Nvidia corporation (20240112021). AUTOMATIC SPEECH RECOGNITION WITH MULTI-FRAME BLANK DECODING USING NEURAL NETWORKS FOR CONVERSATIONAL AI SYSTEMS AND APPLICATIONS simplified abstract

From WikiPatents
Jump to navigation Jump to search

AUTOMATIC SPEECH RECOGNITION WITH MULTI-FRAME BLANK DECODING USING NEURAL NETWORKS FOR CONVERSATIONAL AI SYSTEMS AND APPLICATIONS

Organization Name

nvidia corporation

Inventor(s)

Hainan Xu of Baltimore MD (US)

Boris Ginsburg of Sunnyvale CA (US)

AUTOMATIC SPEECH RECOGNITION WITH MULTI-FRAME BLANK DECODING USING NEURAL NETWORKS FOR CONVERSATIONAL AI SYSTEMS AND APPLICATIONS - A simplified explanation of the abstract

This abstract first appeared for US patent application 20240112021 titled 'AUTOMATIC SPEECH RECOGNITION WITH MULTI-FRAME BLANK DECODING USING NEURAL NETWORKS FOR CONVERSATIONAL AI SYSTEMS AND APPLICATIONS

Simplified Explanation

The patent application describes a machine learning system that trains a model to output a multi-frame blank symbol when processing auditory input, allowing for more efficient and accurate processing of audio frames.

  • The system generates paths through a probability lattice, some of which include a multi-frame blank symbol that skips at least one frame.
  • The inclusion of the multi-frame blank symbol increases the total number of potential paths through the lattice, enabling the model to process audio frames more quickly and accurately.
  • When the model outputs a multi-frame blank symbol, one or more frames of the auditory input can be omitted from processing.

Potential Applications

This technology could be applied in speech recognition systems, audio processing software, and voice-controlled devices.

Problems Solved

This technology helps improve the efficiency and accuracy of processing audio frames, allowing for better performance in tasks such as speech recognition and audio analysis.

Benefits

The use of multi-frame blank symbols can lead to faster and more accurate processing of auditory input, resulting in improved performance of machine learning models.

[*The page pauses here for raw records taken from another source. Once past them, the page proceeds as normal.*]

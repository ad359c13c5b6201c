-- ===== src/Features/Service.antt =====
-- src/features/service: setting, clearing and listing the flags of an organisation.
-- `audit` lists the events that were handed to the recorder; its result is not used.
pub mod Guards
pub mod Visibility
pub mod Races
pub mod WellTyped
pub mod Listing
pub mod Abroad
pub mod Tests
use egras.Prelude.{
  ℕ, String, Bool, true, false, ◌&&◌, not, Option, none, some, List, [], ◌∷◌, ◌++◌, any, Result, ok,
  err, ◌>>=◌, ok_or, map_err, ◌==◌, String_eq, if◌then◌else◌,
}
use egras.Json.{Value}
use egras.Audit.Model.{AuditEvent, Stamp, feature_set, feature_cleared}
use egras.Features.Model.{
  FeatureDefinition, OrgFeatureOverride, EvaluatedFeature, FeatureSource, default, override, Reason,
  validate,
}
use egras.Features.Repository.{
  Db, Query, FeatureRepoError, get_definition, upsert_override, delete_override, list_definitions,
  list_overrides_for_org,
}
use egras.Features.Evaluate.{PgFeatureEvaluator, evaluate, invalidate}

-- What a call of the services sees and changes.
pub record World : Type 0 where
  pub db : Db
  pub evaluator : PgFeatureEvaluator
  pub audit : List AuditEvent

pub record SetOrgFeatureInput : Type 0 where
  pub organisation_id : ℕ
  pub slug : String
  pub value : Value
  pub actor_user_id : ℕ
  pub actor_org_id : ℕ
  pub actor_is_operator : Bool

pub data SetOrgFeatureError : Type 0 where
  unknown_slug not_self_service other : SetOrgFeatureError
  invalid_value : Reason → SetOrgFeatureError

pub record ClearOrgFeatureInput : Type 0 where
  pub organisation_id : ℕ
  pub slug : String
  pub actor_user_id : ℕ
  pub actor_org_id : ℕ
  pub actor_is_operator : Bool

pub data ClearOrgFeatureError : Type 0 where
  unknown_slug not_self_service other : ClearOrgFeatureError

module _ (fails : Query → Bool) where
  -- Steps 1 to 3 of `set_org_feature`.
  check_set : (ℕ → Bool) → SetOrgFeatureInput → Db → Result SetOrgFeatureError FeatureDefinition
  check_set is_i64 input db = do
    found ← map_err (λ _. SetOrgFeatureError.other) (get_definition fails input.slug db)
    definition ← ok_or found SetOrgFeatureError.unknown_slug
    _ ← map_err invalid_value (validate is_i64 definition.value_type input.value)
    if not definition.self_service && not input.actor_is_operator
        then err SetOrgFeatureError.not_self_service
        else ok definition

  -- `now` is the database's clock.
  pub set_org_feature :
      (ℕ → Bool)
      → ℕ
      → Stamp
      → SetOrgFeatureInput
      → World
      → Result SetOrgFeatureError (Unit {0}) × World
  unfolding check_set
  set_org_feature is_i64 now stamp input w = elim (check_set is_i64 input w.db) [
    | err e ↦ (err e, w)
    | ok definition ↦
        elim (upsert_override fails now input.organisation_id input.slug input.value
          input.actor_user_id w.db) [
            | err e ↦ (err SetOrgFeatureError.other, w)
            | ok (old_value, db) ↦ (
              ok tt,
              record {
                db = db;
                evaluator = invalidate input.organisation_id input.slug w.evaluator;
                audit =
                    w.audit
                    ++ feature_set stamp input.actor_user_id input.actor_org_id
                        input.organisation_id input.slug old_value input.value
                        definition.self_service
                      ∷ [];
              },
            )
          ]
  ]

  -- Steps 1 and 2 of `clear_org_feature`.
  check_clear : ClearOrgFeatureInput → Db → Result ClearOrgFeatureError FeatureDefinition
  check_clear input db = do
    found ← map_err (λ _. ClearOrgFeatureError.other) (get_definition fails input.slug db)
    definition ← ok_or found ClearOrgFeatureError.unknown_slug
    if not definition.self_service && not input.actor_is_operator
        then err ClearOrgFeatureError.not_self_service
        else ok definition

  pub clear_org_feature :
      Stamp → ClearOrgFeatureInput → World → Result ClearOrgFeatureError (Unit {0}) × World
  unfolding check_clear
  clear_org_feature stamp input w = elim (check_clear input w.db) [
    | err e ↦ (err e, w)
    | ok definition ↦ elim (delete_override fails input.organisation_id input.slug w.db) [
      | err e ↦ (err ClearOrgFeatureError.other, w)
      | ok (old_value, db) ↦ (
        ok tt,
        record {
          db = db;
          evaluator = invalidate input.organisation_id input.slug w.evaluator;
          audit =
              w.audit
              ++ feature_cleared stamp input.actor_user_id input.actor_org_id input.organisation_id
                  input.slug old_value definition.self_service
                ∷ [];
        },
      )
    ]
  ]

  -- The loop of `list_org_features`; an error of the evaluator ends it.
  list_from :
      ℕ
      → ℕ
      → List OrgFeatureOverride
      → List FeatureDefinition
      → Db
      → PgFeatureEvaluator
      → Option (List EvaluatedFeature) × PgFeatureEvaluator
  list_from now org_id overrides [] db ev = (some [], ev)
  list_from now org_id overrides (def ∷ defs) db ev =
      let (value, ev') = evaluate fails now org_id def.slug db ev in
      let (rest, ev'') = list_from now org_id overrides defs db ev' in
      elim value [
        | err e ↦ (none, ev')
        | ok v ↦ elim rest [
          | none ↦ (none, ev'')
          | some features ↦ (
            some (
                record {
                  slug = def.slug;
                  value = v;
                  source =
                      if any (λ (ov : OrgFeatureOverride). ov.slug == def.slug) overrides
                      then override
                      else default;
                  value_type = def.value_type;
                  self_service = def.self_service;
                }
                ∷ features),
            ev'',
          )
        ]
      ]

  -- `none` is the error `Other`.
  pub list_org_features :
      (String → String → Bool) → ℕ → ℕ → World → Option (List EvaluatedFeature) × PgFeatureEvaluator
  unfolding list_from
  list_org_features before now org_id w = elim (list_definitions fails before w.db) [
    | err e ↦ (none, w.evaluator)
    | ok definitions ↦ elim (list_overrides_for_org fails before org_id w.db) [
      | err e ↦ (none, w.evaluator)
      | ok overrides ↦ list_from now org_id overrides definitions w.db w.evaluator
    ]
  ]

Potential Commercial Applications

Potential commercial applications include speech-to-text software, virtual assistants, and automated transcription services.

Possible Prior Art

One possible prior art could be the use of blank symbols in language modeling or speech recognition systems to improve processing efficiency.

What is the impact of this technology on the accuracy of speech recognition systems?

The technology can significantly improve the accuracy of speech recognition systems by allowing the model to focus on more relevant audio frames and disregard less valuable ones.

How does the use of multi-frame blank symbols affect the speed of audio processing in machine learning models?

The use of multi-frame blank symbols can speed up audio processing by enabling the model to skip certain frames, reducing the computational load and processing time.


Original Abstract Submitted

systems and methods provide for a machine learning system to train a machine learning model to output a multi-frame blank symbol when processing an auditory input. for example, as the system generates paths through a probability lattice, one or more paths include a multi-frame blank that skips at least one frame associated with the probability lattice. the inclusion of the multi-frame blank symbol may increase a total number of potential paths through the probability lattice, and may allow the machine learning model to more quickly and accurately process audio frames, while disregarding audio frames of less value. in deployment, when an output of the machine learning model indicates a multi-frame blank symbol or token, one or more frames of the auditory input may be omitted from processing.